There were no deaths in the vitamin D group and two deaths in the non-vitamin D group. I should note that the non-vitamin D group at baseline was at a slightly higher risk, with more people with diabetes and high blood pressure. But to be honest, it’s the effect size that surprises me here. I mean reducing the risk of ICU admission from 50% to 2%? That’s just an amazing amount. So we are in the space of: Is this a miracle cure or is there a problem with the study that we don’t know about? And miracles are in short supply these days.
To throw a bit of cold water on this study, we still have it in the preprint, in which Mendelian randomization was used to investigate whether vitamin D could have a causal relationship with the severity of COVID in over 400,000 people.
In this study design, you compare people who are genetically predisposed to lower vitamin D levels with people who do not. That takes lifestyle stuff out of the equation. Interestingly, humans were genetically designed to have low vitamin D levels fewer likely to be hospitalized with COVID-19 or develop a serious illness. Not yet appraised, grain of salt, etc.

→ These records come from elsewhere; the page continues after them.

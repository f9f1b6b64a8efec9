-- ===== src/Pmap/Boot/Init.antt =====
-- Which frames page_init puts on the free list.
use jos_vmx.Base.{
  ℕ, zero, suc, ◌+◌, ◌-◌, ◌*◌, ◌/◌, ◌^◌, ◌%◌, ◌<◌, ◌≤◌, ◌≡◌, refl, some, Bool, false, ◌&&◌, not,
  ltb, leb, ◌==◌, if◌then◌else◌, List, [], ◌∷◌, arith, inl, inr, ◌∙◌, Bool-cases,
}
use mathlib.Core.Path.{subst}
use native.Mathlib.Decide.{ℕ_discrete}
use jos_vmx.Mmu.{word, pgsize, kernbase, roundup}
use jos_vmx.Mmu.Address.{roundup_aligned}
use jos_vmx.Pmap.{Pmap, set_page, ◌>>=◌}
use jos_vmx.Pmap.FreeList.{list_init, list_insert_head}
use jos_vmx.Pmap.Alloc.{page_free}
use jos_vmx.Pmap.Alloc.Chain.{has, IsFreeList}
use jos_vmx.Pmap.Alloc.Laws.{
  page_free-IsFreeList, insert_head-pp_ref, insert_head-npages, insert_head-nextfree,
}
use jos_vmx.Pmap.Alloc.Decref.{set_page-IsFreeList}
use jos_vmx.Pmap.Boot.{paddr, boot_alloc, insert_if_free, page_init_step, page_init_from, page_init}

-- A frame that is not frame 0, not in the I/O hole, and not below the first free frame `f`.
abbrev pub usable : ℕ → ℕ → Bool
usable f i = not (i == 0) && (not (leb 160 i && ltb i 256) && leb f i)

-- The numbers below `n` that pass a test, the highest first.
unfoldable pub filter_below : (ℕ → Bool) → ℕ → List ℕ
filter_below u zero = []
filter_below u (suc n) = if u n then n ∷ filter_below u n else filter_below u n

pub has-filter_below : (u : ℕ → Bool) (n a : ℕ) → has a (filter_below u n) ≡ (ltb a n && u a)
unfolding filter_below
has-filter_below u zero a = ground arith
has-filter_below u (suc n) a = elim (ℕ_discrete a n) [
  | yes e ↦ rw e (ground (arith, has-filter_below u n n))
  | no ne ↦ ground (arith, has-filter_below u n a)
]

-- `boot_alloc` has been called, and the frames below `f` are the kernel's.
pub record IsBooted (f : ℕ) (m : Pmap) : Type 0 where
  pub next : m.nextfree ≡ kernbase + f * pgsize
  pub fits : f < 65535

paddr-ok : (kva : ℕ) (m : Pmap) → kernbase ≤ kva → paddr kva m ≡ some (kva - kernbase, m)
unfolding paddr
paddr-ok kva m h = ground arith

module _ (end f : ℕ) where
  boot_alloc_zero : (m : Pmap) → IsBooted f m → boot_alloc end 0 m ≡ some (m.nextfree, m)
  unfolding boot_alloc
  boot_alloc_zero m b =
      let e : (m.nextfree == 0) ≡ false = ground arith in
      let g : roundup m.nextfree pgsize ≡ m.nextfree =
        roundup_aligned m.nextfree (omega arith) (omega arith) in
      let w : (m.nextfree + 0) % word ≡ m.nextfree = omega arith in rw (e, g, w)

  insert_if_free-round :
      (i : ℕ) (m : Pmap)
      → IsBooted f m
      → insert_if_free end i m ≡ some (tt, if leb f i then list_insert_head i m else m)
  unfolding insert_if_free
  insert_if_free-round i m b =
      let e : (m.nextfree - kernbase) / 2 ^ 12 ≡ f = omega arith in
      ground (
        arith,
        boot_alloc_zero m b,
        paddr-ok kernbase m (omega arith),
        paddr-ok m.nextfree m (omega arith),
      )

  zeroed : ℕ → Pmap → Pmap
  zeroed i m = set_page i (record (m.pages i) { pp_ref = 0 }) m

  -- What one round does, by whether the frame is usable.
  round : ℕ → Pmap → Pmap
  unfolding zeroed
  round i m = if usable f i then list_insert_head i (zeroed i m) else zeroed i m

  page_init_step-round :
      (i : ℕ) (m : Pmap) → IsBooted f m → page_init_step end i m ≡ some (tt, round i m)
  unfolding page_init_step round
  page_init_step-round i m b =
      ground (arith, insert_if_free-round i (zeroed i m) (record { next = b.next; fits = b.fits }))

  round-IsFreeList :
      (i : ℕ) (m : Pmap) (xs : List ℕ)
      → IsFreeList m xs
      → has i xs ≡ false
      → i < m.npages
      → IsFreeList (round i m) (if usable f i then i ∷ xs else xs)
  unfolding round
  round-IsFreeList i m xs v out h = elim (Bool-cases (usable f i)) [
    | inl u ↦ rw u (
        unfold page_free in
        page_free-IsFreeList i (zeroed i m) xs (set_page-IsFreeList i _ m xs v out) out
          (ground arith) h)
    | inr u ↦ rw u (set_page-IsFreeList i _ m xs v out)
  ]

  -- The state before round `i` of `n`.
  record Inv (n i : ℕ) (m : Pmap) : Type 0 where
    size : m.npages ≡ n
    booted : IsBooted f m
    free : IsFreeList m (filter_below (usable f) i)
    unused : (a : ℕ) → a < i → (m.pages a).pp_ref ≡ 0

  round-IsBooted : (i : ℕ) (m : Pmap) → IsBooted f m → IsBooted f (round i m)
  unfolding round
  round-IsBooted i m b = record {
    next = ground (arith, insert_head-nextfree i (zeroed i m));
    fits = b.fits;
  }

  round-size : (i : ℕ) (m : Pmap) → (round i m).npages ≡ m.npages
  unfolding round
  round-size i m = ground (arith, insert_head-npages i (zeroed i m))

  round-pp_ref :
      (i : ℕ) (m : Pmap) (a : ℕ)
      → ((round i m).pages a).pp_ref ≡ (if i == a then 0 else (m.pages a).pp_ref)
  unfolding round
  round-pp_ref i m a = ground (arith, insert_head-pp_ref i (zeroed i m) a)

  round-Inv : (n i : ℕ) (m : Pmap) → i < n → Inv n i m → Inv n (suc i) (round i m)
  unfolding filter_below
  round-Inv n i m h v = record {
    size = round-size i m ∙ v.size;
    booted = round-IsBooted i m v.booted;
    free =
        round-IsFreeList i m (filter_below (usable f) i) v.free
          (ground (arith, has-filter_below (usable f) i i)) (omega (arith, v.size));
    unused = λ a lt. ground (arith, round-pp_ref i m a, v.unused a);
  }

  page_init_from-Inv :
      (n left i : ℕ) (m : Pmap)
      → i + left ≡ n
      → Inv n i m
      → (m' : Pmap) × (page_init_from end left i m ≡ some (tt, m')) × Inv n n m'
  unfolding page_init_from
  page_init_from-Inv n zero i m e v =
      let e' : i ≡ n = omega arith in (m, refl, subst (λ k. Inv n k m) e' v)
  page_init_from-Inv n (suc left) i m e v =
      let e' : i + 1 ≡ suc i = omega arith in
      let rest =
        page_init_from-Inv n left (suc i) (round i m) (omega arith)
          (round-Inv n i m (omega arith) v) in
      (rest.0, rw (page_init_step-round i m v.booted, e', ◌>>=◌) rest.1, rest.2)

-- From a state in which the frames below `f` belong to the kernel, `page_init` ends without a
-- panic, every page has count 0, and the free list holds each frame once, the highest first, that
-- exists, is not frame 0, is not in the I/O hole and is not below `f`, and no other.
pub page_init-free :
    (end f : ℕ) (m : Pmap)
    → IsBooted f m
    → (m' : Pmap) × (page_init end m ≡ some (tt, m'))
      × IsFreeList m' (filter_below (usable f) m.npages)
      × ((a : ℕ) → has a (filter_below (usable f) m.npages) ≡ (ltb a m.npages && usable f a))
      × ((a : ℕ) → a < m.npages → (m'.pages a).pp_ref ≡ 0)
unfolding page_init filter_below
page_init-free end f m b =
    let start : Inv end f m.npages 0 (list_init m) = record {
      size = refl;
      booted = record { next = b.next; fits = b.fits };
      free = record { chain = refl; inside = tt };
      unused = λ a h. elim h [ ];
    } in
    let r = page_init_from-Inv end f m.npages m.npages 0 (list_init m) (omega arith) start in
    (r.0, r.1, r.2.free, has-filter_below (usable f) m.npages, r.2.unused)
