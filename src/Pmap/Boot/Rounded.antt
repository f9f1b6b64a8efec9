-- ===== src/Pmap/Boot/Rounded.antt =====
-- page_init rounds the first free address up to a page.
use jos_vmx.Base.{
  ℕ, zero, suc, ◌+◌, ◌-◌, ◌*◌, ◌≤◌, ◌<◌, ◌≡◌, refl, ◌∙◌, some, arith, ltb, leb, ◌&&◌,
}
use mathlib.Core.Path.{sym}
use jos_vmx.Mmu.{pgsize, kernbase, pgnum, roundup}
use jos_vmx.Pmap.{Pmap, M, ◌>>=◌, ◌>>◌, set_page}
use jos_vmx.Pmap.FreeList.{list_init}
use jos_vmx.Pmap.Boot.{
  paddr, boot_alloc, insert_unless, insert_if_free, page_init_step, page_init_from, page_init,
}

module _ (end f : ℕ) (small : f < 65535) where
  abbrev pub aligned : Pmap → Pmap
  aligned m = record m { nextfree = kernbase + f * pgsize }

  -- The page `f` is the first one past the next free address.
  abbrev pub IsNext : Pmap → Type 0
  IsNext m = (m.nextfree ≤ kernbase + f * 4096) × (kernbase + f * 4096 < m.nextfree + 4096)

  boot_alloc-aligned :
      (m : Pmap) → IsNext m → boot_alloc end 0 m ≡ some (kernbase + f * pgsize, aligned m)
  unfolding boot_alloc roundup
  boot_alloc-aligned m h = ground (arith, h.0, h.1)

  -- What insert_if_free does behind its call of boot_alloc.
  insert_rest : ℕ → ℕ → M (Unit {0})
  insert_rest i v = paddr v >>= λ next.
      insert_unless (leb (pgnum (kernbase - kernbase)) i && ltb i (pgnum next)) i

  insert_if_free-insert_rest :
      (i v : ℕ) (m m₁ : Pmap)
      → boot_alloc end 0 m ≡ some (v, m₁)
      → insert_if_free end i m ≡ insert_rest i v m₁
  unfolding insert_if_free insert_rest
  insert_if_free-insert_rest i v m m₁ e =
      let base : paddr kernbase m ≡ some (kernbase - kernbase, m) = unfold paddr in ground arith in
      rw (base, ◌>>=◌) (rw (e, ◌>>=◌) refl)

  insert_if_free-aligned :
      (i : ℕ) (m : Pmap) → IsNext m → insert_if_free end i m ≡ insert_if_free end i (aligned m)
  insert_if_free-aligned i m h =
      insert_if_free-insert_rest i (kernbase + f * pgsize) m (aligned m) (boot_alloc-aligned m h)
      ∙ sym (
          insert_if_free-insert_rest i (kernbase + f * pgsize) (aligned m) (aligned m)
            (boot_alloc-aligned (aligned m) (omega arith, omega arith)))

  step_one-aligned :
      (m : Pmap) → IsNext m → page_init_step end 1 m ≡ page_init_step end 1 (aligned m)
  unfolding page_init_step pgnum
  step_one-aligned m h =
      insert_if_free-aligned 1 (set_page 1 (record (m.pages 1) { pp_ref = 0 }) m) h

  step_zero-eq :
      (m : Pmap)
      → page_init_step end 0 m ≡ some (tt, set_page 0 (record (m.pages 0) { pp_ref = 0 }) m)
  unfolding page_init_step
  step_zero-eq m = refl

  first_steps :
      (n : ℕ) (m : Pmap)
      → 2 ≤ n
      → IsNext m
      → page_init_from end n 0 m ≡ page_init_from end n 0 (aligned m)
  unfolding page_init_from
  first_steps zero m big h = absurd (omega (arith, big))
  first_steps (suc zero) m big h = absurd (omega (arith, big))
  first_steps (suc (suc n)) m big h =
      let m₁ = set_page 0 (record (m.pages 0) { pp_ref = 0 }) m in
      rw (step_zero-eq m, step_zero-eq (aligned m), ◌>>=◌)
        (rw (step_one-aligned m₁ h, ◌>>◌, ◌>>=◌) refl)

  -- With two frames or more, page_init starts as if the next free address were that of the page.
  pub page_init-aligned :
      (m : Pmap) → 2 ≤ m.npages → IsNext m → page_init end m ≡ page_init end (aligned m)
  unfolding page_init list_init
  page_init-aligned m big h = first_steps m.npages (list_init m) big h
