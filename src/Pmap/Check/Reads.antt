-- ===== src/Pmap/Check/Reads.antt =====
-- check_va2pa only reads, and a loop of asserts that ends has passed every test.
use jos_vmx.Base.{
  ℕ, zero, suc, ◌+◌, ◌-◌, ◌%◌, ◌≤◌, ◌<◌, ◌≡◌, refl, ◌∙◌, sym, Option, none, some, Bool, true, false,
  ltb, leb, ◌==◌, if◌then◌else◌, bit_and, arith, Bool-cases, inl, inr,
}
use mathlib.Core.Path.{subst, ap}
use native.Mathlib.Decide.{ℕ_discrete}
use jos_vmx.Mmu.{pgnum, word, kernbase, pdx, ptx, pte_p, pte_addr}
use jos_vmx.Pmap.{Pmap, M, ◌>>=◌}
use jos_vmx.Pmap.Boot.{kaddr}
use jos_vmx.Pmap.Table.{frame, frame_at, check_va2pa}
use jos_vmx.Pmap.Check.{assert_from}

-- A reading of the memory: a panic, or a result with the state as it was.
unfoldable pub Reads : {A : Type 0} → Option (A × Pmap) → Pmap → Type 0
Reads none m = Unit
Reads (some (x, m')) m = m' ≡ m

kaddr-Reads : (pa : ℕ) (m : Pmap) → Reads (kaddr pa m) m
unfolding kaddr Reads
kaddr-Reads pa m = elim (Bool-cases (leb m.npages (pgnum pa))) [
  | inl t ↦ rw t _
  | inr t ↦ rw t refl
]

pub Reads-bind :
    {A B : Type 0} (c : M A) (f : A → M B) (m : Pmap)
    → Reads (c m) m
    → ((a : A) → Reads (f a m) m)
    → Reads ((c >>= f) m) m
unfolding Reads
Reads-bind {A = A} {B = B} c f m h k = bound (c m) h
  where
    bound :
        (r : Option (A × Pmap))
        → Reads r m
        → Reads (elim r [ none ↦ none | some (a, m') ↦ f a m' ]) m
    bound none h = _
    bound (some (a, m')) h = rw h (k a)

frame-Reads : (kva : ℕ) (m : Pmap) → Reads (frame kva m) m
unfolding frame Reads
frame-Reads kva m = elim (Bool-cases (ltb kva kernbase)) [ inl t ↦ rw t _ | inr t ↦ rw t refl ]

frame_at-Reads : (pa : ℕ) (m : Pmap) → Reads (frame_at pa m) m
unfolding frame_at
frame_at-Reads pa m = Reads-bind (kaddr pa) frame m (kaddr-Reads pa m) (λ kva. frame-Reads kva m)

pub check_va2pa-Reads : (pgdir va : ℕ) (m : Pmap) → Reads (check_va2pa pgdir va m) m
unfolding check_va2pa Reads
check_va2pa-Reads pgdir va m = elim (Bool-cases (bit_and (m.phys pgdir (pdx va)) pte_p == 0)) [
  | inl t ↦ rw t refl
  | inr t ↦ rw t (
      Reads-bind (frame_at (pte_addr (m.phys pgdir (pdx va))))
        (λ t m₁.
          if bit_and (m₁.phys t (ptx va)) pte_p == 0
          then some (word - 1, m₁)
          else some (pte_addr (m₁.phys t (ptx va)), m₁))
        m (frame_at-Reads _ m) (λ t. leaf t))
]
  where
    leaf :
        (t : ℕ)
        → Reads
            (if bit_and (m.phys t (ptx va)) pte_p == 0
              then some (word - 1, m)
              else some (pte_addr (m.phys t (ptx va)), m))
            m
    leaf t = elim (Bool-cases (bit_and (m.phys t (ptx va)) pte_p == 0)) [
      | inl e ↦ rw e refl
      | inr e ↦ rw e refl
    ]

module _ (more : ℕ → Bool) (step : ℕ) (test : ℕ → M Bool) (m : Pmap)
    (reads : (i : ℕ) → Reads (test i m) m) where
  -- The rest of the loop, behind a test.
  continued : (fuel i : ℕ) → Option (Bool × Pmap) → Option (Unit {0} × Pmap)
  continued fuel i none = none
  continued fuel i (some (false, m₁)) = none
  continued fuel i (some (true, m₁)) = assert_from fuel more step test ((i + step) % word) m₁

  assert_from-continued :
      (fuel i : ℕ)
      → more i ≡ true
      → assert_from (suc fuel) more step test i m ≡ continued fuel i (test i m)
  unfolding assert_from continued
  assert_from-continued fuel i e = ground (arith, e)

  test_passed :
      (fuel i : ℕ) (r : Option (Bool × Pmap)) (m' : Pmap)
      → Reads r m
      → continued fuel i r ≡ some (tt, m')
      → (r ≡ some (true, m))
        × (assert_from fuel more step test ((i + step) % word) m ≡ some (tt, m'))
  unfolding Reads continued
  test_passed fuel i none m' h e = absurd (ground (arith, e))
  test_passed fuel i (some (false, m₁)) m' h e = absurd (ground (arith, e))
  test_passed fuel i (some (true, m₁)) m' h e = (
    ap (λ s. some (true, s)) h,
    subst (λ s. assert_from fuel more step test ((i + step) % word) s ≡ some (tt, m')) h e,
  )

  -- A loop that ends has passed every test.
  pub assert_from_sound :
      (at : ℕ → ℕ) (rounds k : ℕ) (m' : Pmap)
      → ((j : ℕ) → j < k + rounds → (at j + step) % word ≡ at (suc j))
      → ((j : ℕ) → j < k + rounds → more (at j) ≡ true)
      → assert_from (suc rounds) more step test (at k) m ≡ some (tt, m')
      → (j : ℕ) → k ≤ j
      → j < k + rounds
      → test (at j) m ≡ some (true, m)
  assert_from_sound at zero k m' moves goes e j low high = absurd (omega (arith, low, high))
  assert_from_sound at (suc rounds) k m' moves goes e j low high =
      let go = assert_from-continued (suc rounds) (at k) (goes k (omega arith)) in
      let (first, rest) =
        test_passed (suc rounds) (at k) (test (at k) m) m' (reads (at k)) (sym go ∙ e) in
      elim (ℕ_discrete j k) [
        | yes same ↦ rw same first
        | no ne ↦
            assert_from_sound at rounds (suc k) m' (λ i h. moves i (omega arith))
              (λ i h. goes i (omega arith))
              (subst (λ i. assert_from (suc rounds) more step test i m ≡ some (tt, m'))
                (moves k (omega arith)) rest)
              j (omega (arith, low, ne)) (omega (arith, high))
      ]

Butler-Laporte G. et al. doi.org/10.1101/2020.09.08.20190975
Bottom line? We know that people with low levels of vitamin D are at greater risk of poor outcomes with COVID-19. We still don’t know if vitamin D supplementation will change that risk. There are some promises here, but the lifestyle vitamin has burned us before. So continue with 400 international precautions.
F. Perry Wilson, MD, MSCE, is Associate Professor of Medicine and Director of the Yale Program in Applied Translational Research. His academic communications work can be found on the Huffington Post, NPR, and here at Medscape. He tweets @methodsmanmd and hosts a repository of his communications work at www.methodsman.com.